I wish I had learned this simple fact early on.....men are very detail oriented so if you give them a plan, they will do their best to fulfill it if they can. Spontaneity is great for teens but if you have jobs, kids or responsibilities, it can be a detriment to your sex life. Treating him with kindness and respect and being au courant of his limitations will open his mind to the possibility of fulfilling your desires. Also, don't forget to not approach this with anger...that is a boner killer for everyone. Approach it with clarity and a sense of purpose and some fun!


----------



## TheCuriousWife (Jan 28, 2013)

Hi there!

Struggling with this myself.
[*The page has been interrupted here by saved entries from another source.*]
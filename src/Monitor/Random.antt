-- ===== src/Monitor/Random.antt =====
-- `fast_rand` of src/monitor/SystemMonitor.cpp, over all 32-bit words: each of its three stages can be
-- undone.
use hyperion_euntime_environ.Base.{
  ℕ, ◌+◌, ◌*◌, ◌/◌, ◌%◌, ◌^◌, ◌<◌, ◌≡◌, ◌≢◌, bit_xor, refl, sym, ◌∙◌, ap, ap₂, arith,
}
use native.Mathlib.Nat.{div-add-mod', mod-lt, one-le-pow}
use hyperion_euntime_environ.Base.Bits.{bit_xor-cut}
use hyperion_euntime_environ.Base.Bits.Xor.{
  bit_xor_bound, bit_xor_self, bit_xor_eq_zero, bit_xor_middle,
}
use hyperion_euntime_environ.Monitor.{fast_rand, shl13, shr17, shl5}

-- `x ^= f(x)` for a shift f.
module _ (f : ℕ → ℕ) (bounded : (x : ℕ) → x < 2 ^ 32 → f x < 2 ^ 32)
    (additive : (x y : ℕ) → bit_xor (f x) (f y) ≡ f (bit_xor x y))
    (not_fixed : (x : ℕ) → x < 2 ^ 32 → x ≡ f x → x ≡ 0) where
  stage_bound : (x : ℕ) → x < 2 ^ 32 → bit_xor x (f x) < 2 ^ 32
  stage_bound x h = bit_xor_bound 32 x (f x) h (bounded x h)

  stage-injective : (x y : ℕ) → x < 2 ^ 32 → y < 2 ^ 32 → bit_xor x (f x) ≡ bit_xor y (f y) → x ≡ y
  stage-injective x y h l e =
      let z = bit_xor x y in
      let z_bound = bit_xor_bound 32 x y h l in
      let vanishes =
        ap (λ (t : ℕ). bit_xor z t) (sym (additive x y))
        ∙ sym (bit_xor_middle 32 x (f x) y (f y) h (bounded x h) l (bounded y l))
        ∙ ap (λ (t : ℕ). bit_xor t (bit_xor y (f y))) e
        ∙ bit_xor_self 32 (bit_xor y (f y)) (stage_bound y l) in
      bit_xor_eq_zero 32 x y h l
        (not_fixed z z_bound (bit_xor_eq_zero 32 z (f z) z_bound (bounded z z_bound) vanishes))

-- Two words at a cut: their high parts and their low parts.
xor_split :
    (k x y : ℕ)
    → bit_xor x y ≡ bit_xor (x / 2 ^ k) (y / 2 ^ k) * 2 ^ k + bit_xor (x % 2 ^ k) (y % 2 ^ k)
xor_split k x y =
    ap₂ bit_xor (sym (div-add-mod' x (2 ^ k))) (sym (div-add-mod' y (2 ^ k)))
    ∙ bit_xor-cut k (x / 2 ^ k) (x % 2 ^ k) (y / 2 ^ k) (y % 2 ^ k)
        (mod-lt x (one-le-pow k 2 (omega arith))) (mod-lt y (one-le-pow k 2 (omega arith)))

xor_shifted : (k r s : ℕ) → bit_xor (r * 2 ^ k) (s * 2 ^ k) ≡ bit_xor r s * 2 ^ k
xor_shifted k r s =
    ap₂ bit_xor {x = r * 2 ^ k} {y = r * 2 ^ k + 0} {u = s * 2 ^ k} {v = s * 2 ^ k + 0}
      (omega arith) (omega arith)
    ∙ bit_xor-cut k r 0 s 0 (one-le-pow k 2 (omega arith)) (one-le-pow k 2 (omega arith))
    ∙ omega arith

-- The shifts pass through `^`.
shr17-additive : (x y : ℕ) → bit_xor (shr17 x) (shr17 y) ≡ shr17 (bit_xor x y)
shr17-additive x y =
    let low : bit_xor (x % 2 ^ 17) (y % 2 ^ 17) < 2 ^ 17 =
      bit_xor_bound 17 (x % 2 ^ 17) (y % 2 ^ 17) (omega arith) (omega arith) in
    omega (arith, xor_split 17 x y, low)

-- Shifting a word left by k keeps its j low bits, where j + k is its width.
shl-additive :
    (j k x y : ℕ)
    → ((z : ℕ) → (z * 2 ^ k) % 2 ^ 32 ≡ (z % 2 ^ j) * 2 ^ k)
    → bit_xor (x % 2 ^ j) (y % 2 ^ j) ≡ bit_xor x y % 2 ^ j
    → bit_xor ((x * 2 ^ k) % 2 ^ 32) ((y * 2 ^ k) % 2 ^ 32) ≡ (bit_xor x y * 2 ^ k) % 2 ^ 32
shl-additive j k x y low e =
    ap₂ bit_xor (low x) (low y)
    ∙ xor_shifted k (x % 2 ^ j) (y % 2 ^ j)
    ∙ ap (λ (t : ℕ). t * 2 ^ k) e
    ∙ sym (low (bit_xor x y))

shl13-additive : (x y : ℕ) → bit_xor (shl13 x) (shl13 y) ≡ shl13 (bit_xor x y)
shl13-additive x y =
    let low : bit_xor (x % 2 ^ 19) (y % 2 ^ 19) < 2 ^ 19 =
      bit_xor_bound 19 (x % 2 ^ 19) (y % 2 ^ 19) (omega arith) (omega arith) in
    shl-additive 19 13 x y (λ z. omega arith) (omega (arith, xor_split 19 x y, low))

shl5-additive : (x y : ℕ) → bit_xor (shl5 x) (shl5 y) ≡ shl5 (bit_xor x y)
shl5-additive x y =
    let low : bit_xor (x % 2 ^ 27) (y % 2 ^ 27) < 2 ^ 27 =
      bit_xor_bound 27 (x % 2 ^ 27) (y % 2 ^ 27) (omega arith) (omega arith) in
    shl-additive 27 5 x y (λ z. omega arith) (omega (arith, xor_split 27 x y, low))

shl13_not_fixed : (x : ℕ) → x < 2 ^ 32 → x ≡ shl13 x → x ≡ 0
shl13_not_fixed x h e = omega arith

shr17_not_fixed : (x : ℕ) → x < 2 ^ 32 → x ≡ shr17 x → x ≡ 0
shr17_not_fixed x h e = omega arith

shl5_not_fixed : (x : ℕ) → x < 2 ^ 32 → x ≡ shl5 x → x ≡ 0
shl5_not_fixed x h e = omega arith

shl13_bound : (x : ℕ) → x < 2 ^ 32 → shl13 x < 2 ^ 32
shl13_bound x h = omega arith

shr17_bound : (x : ℕ) → x < 2 ^ 32 → shr17 x < 2 ^ 32
shr17_bound x h = omega arith

shl5_bound : (x : ℕ) → x < 2 ^ 32 → shl5 x < 2 ^ 32
shl5_bound x h = omega arith

abbrev first : ℕ → ℕ
first x = bit_xor x (shl13 x)

abbrev second : ℕ → ℕ
second x = bit_xor x (shr17 x)

first_bound : (x : ℕ) → x < 2 ^ 32 → first x < 2 ^ 32
first_bound = stage_bound shl13 shl13_bound shl13-additive shl13_not_fixed

second_bound : (x : ℕ) → x < 2 ^ 32 → second x < 2 ^ 32
second_bound = stage_bound shr17 shr17_bound shr17-additive shr17_not_fixed

pub fast_rand_bound : (x : ℕ) → x < 2 ^ 32 → fast_rand x < 2 ^ 32
unfolding fast_rand
fast_rand_bound x h =
    stage_bound shl5 shl5_bound shl5-additive shl5_not_fixed (second (first x))
      (second_bound (first x) (first_bound x h))

-- The random step can be undone on 32-bit seeds.
fast_rand-injective : (x y : ℕ) → x < 2 ^ 32 → y < 2 ^ 32 → fast_rand x ≡ fast_rand y → x ≡ y
unfolding fast_rand
fast_rand-injective x y h l e =
    stage-injective shl13 shl13_bound shl13-additive shl13_not_fixed x y h l (
      stage-injective shr17 shr17_bound shr17-additive shr17_not_fixed (first x) (first y)
        (first_bound x h) (first_bound y l)
        (stage-injective shl5 shl5_bound shl5-additive shl5_not_fixed (second (first x))
          (second (first y)) (second_bound (first x) (first_bound x h))
          (second_bound (first y) (first_bound y l)) e))

fast_rand_zero : 0 ≡ fast_rand 0
unfolding fast_rand
fast_rand_zero = refl

fast_rand-ne-zero : (x : ℕ) → x < 2 ^ 32 → x ≢ 0 → fast_rand x ≢ 0
fast_rand-ne-zero x h n e = n (fast_rand-injective x 0 h (omega arith) (e ∙ fast_rand_zero))

-- The random step takes different 32-bit seeds to different seeds.
pub fast_rand-ne : (x y : ℕ) → x < 2 ^ 32 → y < 2 ^ 32 → x ≢ y → fast_rand x ≢ fast_rand y
fast_rand-ne x y hx hy ne = λ e. ne (fast_rand-injective x y hx hy e)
You can read my thread about the same issue in my signature line. But it's like 200 and something pages long. So don't expect a short or easy solution, but it can get better.

Just know, you aren't the only one.


----------



## OnTheFly (Mar 12, 2015)

Mika_12 said:


> ..... advice on how increase our sex life without it being too planned out or forced. I know my expectations can be unreasonable sometimes...


Considering the opposite work schedules and him being bagged from a physically demanding job, you may want to dial back the idea of spontaneous sessions and add MORE planning. 

Is the twice a week his ideal frequency? If so, he could probably up it a few notches without too much burden. If you ramped up the female version of the advice given to men on the MarriedManSexLIfe forums, I think a happier compromise can be achieved. This seems more fixable than some of the more desperate 'sexless marriage' threads. 

Good Luck!


----------



## snerg (Apr 10, 2013)

Mika_12 said:


> I have an unusually high libido for a women, if it was solely up to me I would like sex twice a day everyday. My husband however does not, and because of it that and our opposite work schedules I say we have sex once maybe twice a week. He has a very physical job, and I know that also an effect on his energy. We are very attracted to each other and totally committed to each other so I in no way think he is having an affair or anything like that.
> 
> I'm guess I'm looking for advice on how increase our sex life without it being too planned out or forced. I know my expectations can be unreasonable sometimes... I'm just not sure how much the sex is considered to be the "normal" amount.


Is it possible some nights, just you drive?

You know, pull down the pants, push him down, hop on and ride?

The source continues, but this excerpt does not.